(Dataset entries)
※

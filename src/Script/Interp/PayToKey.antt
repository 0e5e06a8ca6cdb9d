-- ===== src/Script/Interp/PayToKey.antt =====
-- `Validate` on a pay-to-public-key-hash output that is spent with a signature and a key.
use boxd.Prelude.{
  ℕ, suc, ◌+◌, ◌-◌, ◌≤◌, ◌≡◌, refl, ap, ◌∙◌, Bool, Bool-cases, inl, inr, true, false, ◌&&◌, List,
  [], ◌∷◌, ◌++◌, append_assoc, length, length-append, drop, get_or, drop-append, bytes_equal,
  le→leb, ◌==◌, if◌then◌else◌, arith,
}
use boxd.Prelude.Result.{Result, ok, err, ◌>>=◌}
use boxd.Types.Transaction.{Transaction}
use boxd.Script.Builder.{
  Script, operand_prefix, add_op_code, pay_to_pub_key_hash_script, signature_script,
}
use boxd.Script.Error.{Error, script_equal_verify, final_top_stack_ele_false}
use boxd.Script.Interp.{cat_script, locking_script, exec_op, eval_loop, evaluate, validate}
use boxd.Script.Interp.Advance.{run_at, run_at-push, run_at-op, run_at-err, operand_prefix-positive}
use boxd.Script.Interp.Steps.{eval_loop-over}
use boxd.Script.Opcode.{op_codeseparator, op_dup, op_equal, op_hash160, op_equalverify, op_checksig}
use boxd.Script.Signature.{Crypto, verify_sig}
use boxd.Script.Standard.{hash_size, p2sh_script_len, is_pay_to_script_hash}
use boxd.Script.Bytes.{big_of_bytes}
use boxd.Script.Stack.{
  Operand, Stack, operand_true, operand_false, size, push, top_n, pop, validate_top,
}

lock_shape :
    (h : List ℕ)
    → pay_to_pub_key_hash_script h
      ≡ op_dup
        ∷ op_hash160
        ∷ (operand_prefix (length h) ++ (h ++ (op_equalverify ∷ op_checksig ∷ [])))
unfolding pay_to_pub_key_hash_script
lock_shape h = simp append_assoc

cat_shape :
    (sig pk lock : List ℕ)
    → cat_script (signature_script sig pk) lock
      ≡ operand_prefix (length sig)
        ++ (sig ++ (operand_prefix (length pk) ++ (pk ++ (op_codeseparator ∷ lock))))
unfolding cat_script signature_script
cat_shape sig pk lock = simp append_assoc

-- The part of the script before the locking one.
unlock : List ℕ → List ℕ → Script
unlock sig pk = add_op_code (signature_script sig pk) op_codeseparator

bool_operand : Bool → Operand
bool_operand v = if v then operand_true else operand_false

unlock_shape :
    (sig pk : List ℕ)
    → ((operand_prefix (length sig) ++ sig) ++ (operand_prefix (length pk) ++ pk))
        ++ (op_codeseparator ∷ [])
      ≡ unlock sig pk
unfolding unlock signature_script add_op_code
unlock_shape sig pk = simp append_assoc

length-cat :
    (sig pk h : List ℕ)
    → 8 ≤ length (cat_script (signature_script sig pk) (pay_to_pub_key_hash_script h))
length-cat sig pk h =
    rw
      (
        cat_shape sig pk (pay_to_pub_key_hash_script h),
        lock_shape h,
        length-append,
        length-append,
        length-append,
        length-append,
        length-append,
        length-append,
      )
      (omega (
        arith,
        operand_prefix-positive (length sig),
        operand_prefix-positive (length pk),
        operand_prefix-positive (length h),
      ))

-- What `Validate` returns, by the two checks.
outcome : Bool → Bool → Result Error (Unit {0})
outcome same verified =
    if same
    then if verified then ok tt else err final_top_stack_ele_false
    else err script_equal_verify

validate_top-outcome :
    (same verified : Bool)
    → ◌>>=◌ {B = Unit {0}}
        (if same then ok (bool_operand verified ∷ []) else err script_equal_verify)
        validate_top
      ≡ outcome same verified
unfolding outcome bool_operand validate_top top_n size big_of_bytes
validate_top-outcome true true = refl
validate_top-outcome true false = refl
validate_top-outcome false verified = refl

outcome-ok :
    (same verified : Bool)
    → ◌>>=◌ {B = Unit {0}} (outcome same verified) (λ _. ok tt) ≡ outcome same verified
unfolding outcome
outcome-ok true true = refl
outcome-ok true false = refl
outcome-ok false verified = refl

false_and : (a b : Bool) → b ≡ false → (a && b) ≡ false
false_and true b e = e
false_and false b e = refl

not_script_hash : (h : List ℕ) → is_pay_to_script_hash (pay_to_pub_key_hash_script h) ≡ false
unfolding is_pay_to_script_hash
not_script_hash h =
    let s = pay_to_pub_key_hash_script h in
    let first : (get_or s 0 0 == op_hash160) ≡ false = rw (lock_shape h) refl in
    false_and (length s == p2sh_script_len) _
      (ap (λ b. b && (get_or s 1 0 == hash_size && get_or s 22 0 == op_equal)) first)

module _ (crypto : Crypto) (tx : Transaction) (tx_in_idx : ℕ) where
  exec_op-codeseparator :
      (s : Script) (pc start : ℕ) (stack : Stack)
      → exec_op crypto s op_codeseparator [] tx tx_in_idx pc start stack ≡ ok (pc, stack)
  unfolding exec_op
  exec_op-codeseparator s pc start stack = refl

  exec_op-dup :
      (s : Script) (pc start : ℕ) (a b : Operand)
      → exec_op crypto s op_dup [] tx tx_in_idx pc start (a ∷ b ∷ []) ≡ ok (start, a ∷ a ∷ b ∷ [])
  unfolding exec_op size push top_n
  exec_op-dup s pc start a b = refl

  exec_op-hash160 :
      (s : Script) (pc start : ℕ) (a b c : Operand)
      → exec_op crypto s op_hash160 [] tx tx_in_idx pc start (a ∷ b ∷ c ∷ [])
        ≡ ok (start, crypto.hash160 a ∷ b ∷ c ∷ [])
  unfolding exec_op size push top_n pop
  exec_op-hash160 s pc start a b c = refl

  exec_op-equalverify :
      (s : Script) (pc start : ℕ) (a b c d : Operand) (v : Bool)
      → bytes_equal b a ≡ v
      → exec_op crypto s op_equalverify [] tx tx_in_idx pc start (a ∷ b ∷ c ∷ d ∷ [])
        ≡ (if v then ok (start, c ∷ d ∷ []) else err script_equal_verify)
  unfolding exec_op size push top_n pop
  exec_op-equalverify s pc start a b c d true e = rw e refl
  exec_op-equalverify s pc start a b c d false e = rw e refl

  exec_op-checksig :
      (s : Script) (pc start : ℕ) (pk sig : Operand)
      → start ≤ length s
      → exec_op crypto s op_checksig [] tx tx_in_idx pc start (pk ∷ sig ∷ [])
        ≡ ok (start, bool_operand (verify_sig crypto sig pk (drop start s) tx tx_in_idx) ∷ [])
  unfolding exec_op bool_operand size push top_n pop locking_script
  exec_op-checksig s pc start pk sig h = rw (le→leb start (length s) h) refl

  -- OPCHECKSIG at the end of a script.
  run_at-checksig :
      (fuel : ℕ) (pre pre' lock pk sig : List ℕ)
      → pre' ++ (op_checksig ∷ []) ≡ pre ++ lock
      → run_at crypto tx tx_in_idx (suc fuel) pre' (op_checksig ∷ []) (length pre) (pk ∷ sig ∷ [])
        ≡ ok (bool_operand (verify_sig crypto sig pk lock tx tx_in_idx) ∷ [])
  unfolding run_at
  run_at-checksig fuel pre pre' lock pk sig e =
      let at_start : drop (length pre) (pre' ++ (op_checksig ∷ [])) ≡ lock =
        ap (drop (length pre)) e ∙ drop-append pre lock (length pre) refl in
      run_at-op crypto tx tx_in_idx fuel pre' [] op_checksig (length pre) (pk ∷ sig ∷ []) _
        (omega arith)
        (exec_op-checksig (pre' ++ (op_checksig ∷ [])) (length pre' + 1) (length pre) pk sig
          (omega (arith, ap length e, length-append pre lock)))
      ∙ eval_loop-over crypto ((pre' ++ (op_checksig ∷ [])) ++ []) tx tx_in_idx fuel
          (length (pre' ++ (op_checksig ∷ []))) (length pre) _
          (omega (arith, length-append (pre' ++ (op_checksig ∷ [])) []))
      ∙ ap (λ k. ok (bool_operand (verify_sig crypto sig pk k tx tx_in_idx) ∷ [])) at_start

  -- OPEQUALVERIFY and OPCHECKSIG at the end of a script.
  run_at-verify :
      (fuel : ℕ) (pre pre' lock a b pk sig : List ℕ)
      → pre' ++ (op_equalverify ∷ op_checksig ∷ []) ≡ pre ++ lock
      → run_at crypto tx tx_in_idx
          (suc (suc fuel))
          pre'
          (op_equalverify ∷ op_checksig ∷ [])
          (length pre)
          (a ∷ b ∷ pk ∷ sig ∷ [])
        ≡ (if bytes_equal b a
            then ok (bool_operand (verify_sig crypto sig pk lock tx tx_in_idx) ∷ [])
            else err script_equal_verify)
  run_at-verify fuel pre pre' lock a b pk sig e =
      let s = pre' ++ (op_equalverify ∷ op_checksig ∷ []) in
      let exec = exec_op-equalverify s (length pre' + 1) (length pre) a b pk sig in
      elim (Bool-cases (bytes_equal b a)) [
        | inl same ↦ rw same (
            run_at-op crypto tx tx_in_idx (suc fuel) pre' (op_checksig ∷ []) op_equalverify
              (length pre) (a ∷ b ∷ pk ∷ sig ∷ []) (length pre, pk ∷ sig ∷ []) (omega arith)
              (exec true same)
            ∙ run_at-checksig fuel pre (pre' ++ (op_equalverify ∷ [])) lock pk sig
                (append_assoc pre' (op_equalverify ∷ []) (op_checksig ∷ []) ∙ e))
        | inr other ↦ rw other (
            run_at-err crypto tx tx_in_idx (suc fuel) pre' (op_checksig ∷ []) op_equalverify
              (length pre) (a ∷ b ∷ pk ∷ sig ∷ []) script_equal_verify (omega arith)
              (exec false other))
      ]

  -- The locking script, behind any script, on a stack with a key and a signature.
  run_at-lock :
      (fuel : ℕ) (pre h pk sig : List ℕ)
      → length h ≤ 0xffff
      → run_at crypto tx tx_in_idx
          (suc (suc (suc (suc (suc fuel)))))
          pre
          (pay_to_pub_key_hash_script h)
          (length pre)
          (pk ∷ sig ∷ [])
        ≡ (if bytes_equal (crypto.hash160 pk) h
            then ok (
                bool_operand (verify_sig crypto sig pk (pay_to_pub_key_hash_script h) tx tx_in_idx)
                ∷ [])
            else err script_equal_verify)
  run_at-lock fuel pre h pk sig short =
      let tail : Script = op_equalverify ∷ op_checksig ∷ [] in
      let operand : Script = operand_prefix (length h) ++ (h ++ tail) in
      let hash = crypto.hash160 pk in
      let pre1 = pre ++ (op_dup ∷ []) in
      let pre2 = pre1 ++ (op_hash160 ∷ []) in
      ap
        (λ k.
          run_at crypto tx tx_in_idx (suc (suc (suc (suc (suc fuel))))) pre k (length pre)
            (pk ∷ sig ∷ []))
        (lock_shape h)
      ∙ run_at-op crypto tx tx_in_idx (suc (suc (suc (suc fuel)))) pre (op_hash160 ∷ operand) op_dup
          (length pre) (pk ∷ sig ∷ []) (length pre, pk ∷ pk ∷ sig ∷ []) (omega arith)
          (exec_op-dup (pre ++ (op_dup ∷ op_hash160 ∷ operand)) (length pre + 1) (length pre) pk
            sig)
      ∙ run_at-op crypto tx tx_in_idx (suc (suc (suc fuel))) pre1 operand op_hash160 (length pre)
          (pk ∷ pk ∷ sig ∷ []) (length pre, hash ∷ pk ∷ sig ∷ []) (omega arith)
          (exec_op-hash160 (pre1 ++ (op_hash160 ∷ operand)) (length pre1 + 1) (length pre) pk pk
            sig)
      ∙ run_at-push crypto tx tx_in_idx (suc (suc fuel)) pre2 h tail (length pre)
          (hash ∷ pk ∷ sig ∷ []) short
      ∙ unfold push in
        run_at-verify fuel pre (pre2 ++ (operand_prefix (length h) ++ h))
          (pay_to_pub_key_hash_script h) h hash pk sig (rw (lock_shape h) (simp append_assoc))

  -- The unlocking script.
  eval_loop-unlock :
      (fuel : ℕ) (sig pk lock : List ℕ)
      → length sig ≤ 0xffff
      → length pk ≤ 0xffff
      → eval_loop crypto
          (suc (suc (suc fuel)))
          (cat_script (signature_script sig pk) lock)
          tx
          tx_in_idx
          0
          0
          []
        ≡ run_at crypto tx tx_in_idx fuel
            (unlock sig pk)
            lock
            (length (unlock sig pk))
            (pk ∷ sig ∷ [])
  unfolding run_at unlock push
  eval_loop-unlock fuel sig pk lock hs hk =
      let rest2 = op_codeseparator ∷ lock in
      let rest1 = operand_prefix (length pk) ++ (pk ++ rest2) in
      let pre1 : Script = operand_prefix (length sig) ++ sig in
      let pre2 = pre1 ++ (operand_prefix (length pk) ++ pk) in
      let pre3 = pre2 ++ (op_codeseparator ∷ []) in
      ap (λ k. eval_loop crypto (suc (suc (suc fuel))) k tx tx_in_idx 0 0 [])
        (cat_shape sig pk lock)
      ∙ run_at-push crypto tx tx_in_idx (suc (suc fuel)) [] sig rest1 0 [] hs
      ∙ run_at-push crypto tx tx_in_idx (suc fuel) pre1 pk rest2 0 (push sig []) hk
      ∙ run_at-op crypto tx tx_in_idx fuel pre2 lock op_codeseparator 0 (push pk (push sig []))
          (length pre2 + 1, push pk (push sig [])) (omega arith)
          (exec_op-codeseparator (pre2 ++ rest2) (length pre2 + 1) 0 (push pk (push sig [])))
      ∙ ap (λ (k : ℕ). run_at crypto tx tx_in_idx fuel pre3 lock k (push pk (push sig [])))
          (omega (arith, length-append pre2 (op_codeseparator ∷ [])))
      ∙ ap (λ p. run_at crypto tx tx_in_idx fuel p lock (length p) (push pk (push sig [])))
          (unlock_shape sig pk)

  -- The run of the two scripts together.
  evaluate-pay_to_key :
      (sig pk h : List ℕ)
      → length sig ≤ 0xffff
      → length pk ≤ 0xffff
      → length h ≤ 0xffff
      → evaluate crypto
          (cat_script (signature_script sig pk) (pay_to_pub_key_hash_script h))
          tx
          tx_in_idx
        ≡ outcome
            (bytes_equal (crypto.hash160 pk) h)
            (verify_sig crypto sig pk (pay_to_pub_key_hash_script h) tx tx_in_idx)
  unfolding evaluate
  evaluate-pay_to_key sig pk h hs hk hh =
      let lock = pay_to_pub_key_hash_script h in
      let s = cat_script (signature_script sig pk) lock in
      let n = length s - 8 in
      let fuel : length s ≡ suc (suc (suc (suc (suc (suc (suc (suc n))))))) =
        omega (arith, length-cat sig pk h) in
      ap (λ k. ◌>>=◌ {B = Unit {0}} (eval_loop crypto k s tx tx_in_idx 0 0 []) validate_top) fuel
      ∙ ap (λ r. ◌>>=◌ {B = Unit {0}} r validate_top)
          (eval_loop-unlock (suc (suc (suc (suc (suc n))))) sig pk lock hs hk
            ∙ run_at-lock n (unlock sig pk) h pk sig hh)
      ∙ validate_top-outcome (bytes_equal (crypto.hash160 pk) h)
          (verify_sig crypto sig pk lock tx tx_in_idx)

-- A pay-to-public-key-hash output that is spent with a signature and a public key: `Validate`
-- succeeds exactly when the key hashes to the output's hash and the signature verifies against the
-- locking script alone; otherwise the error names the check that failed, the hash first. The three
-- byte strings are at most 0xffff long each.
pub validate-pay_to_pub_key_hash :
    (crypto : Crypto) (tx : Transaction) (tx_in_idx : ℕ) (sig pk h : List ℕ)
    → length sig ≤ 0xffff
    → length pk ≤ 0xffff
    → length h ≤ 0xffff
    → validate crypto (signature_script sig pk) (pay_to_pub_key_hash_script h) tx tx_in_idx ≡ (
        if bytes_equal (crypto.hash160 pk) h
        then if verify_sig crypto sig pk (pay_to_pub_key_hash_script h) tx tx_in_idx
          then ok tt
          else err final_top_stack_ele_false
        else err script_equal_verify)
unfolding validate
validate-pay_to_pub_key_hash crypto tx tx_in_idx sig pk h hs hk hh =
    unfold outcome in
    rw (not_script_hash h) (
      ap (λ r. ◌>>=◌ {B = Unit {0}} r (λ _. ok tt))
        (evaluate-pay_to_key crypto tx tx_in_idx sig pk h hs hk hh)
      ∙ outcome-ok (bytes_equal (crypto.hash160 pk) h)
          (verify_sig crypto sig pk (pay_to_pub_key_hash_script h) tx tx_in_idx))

※

### Work request
Of all the entries above, repeat only the lines from the line that has "elim (Bool-cases (bytes_equal" to the line that has "inr other ↦", both lines included, exactly.

### Task result
      elim (Bool-cases (bytes_equal b a)) [
        | inl same ↦ rw same (
            run_at-op crypto tx tx_in_idx (suc fuel) pre' (op_checksig ∷ []) op_equalverify
              (length pre) (a ∷ b ∷ pk ∷ sig ∷ []) (length pre, pk ∷ sig ∷ []) (omega arith)
              (exec true same)
            ∙ run_at-checksig fuel pre (pre' ++ (op_equalverify ∷ [])) lock pk sig
                (append_assoc pre' (op_equalverify ∷ []) (op_checksig ∷ []) ∙ e))
        | inr other ↦ rw other (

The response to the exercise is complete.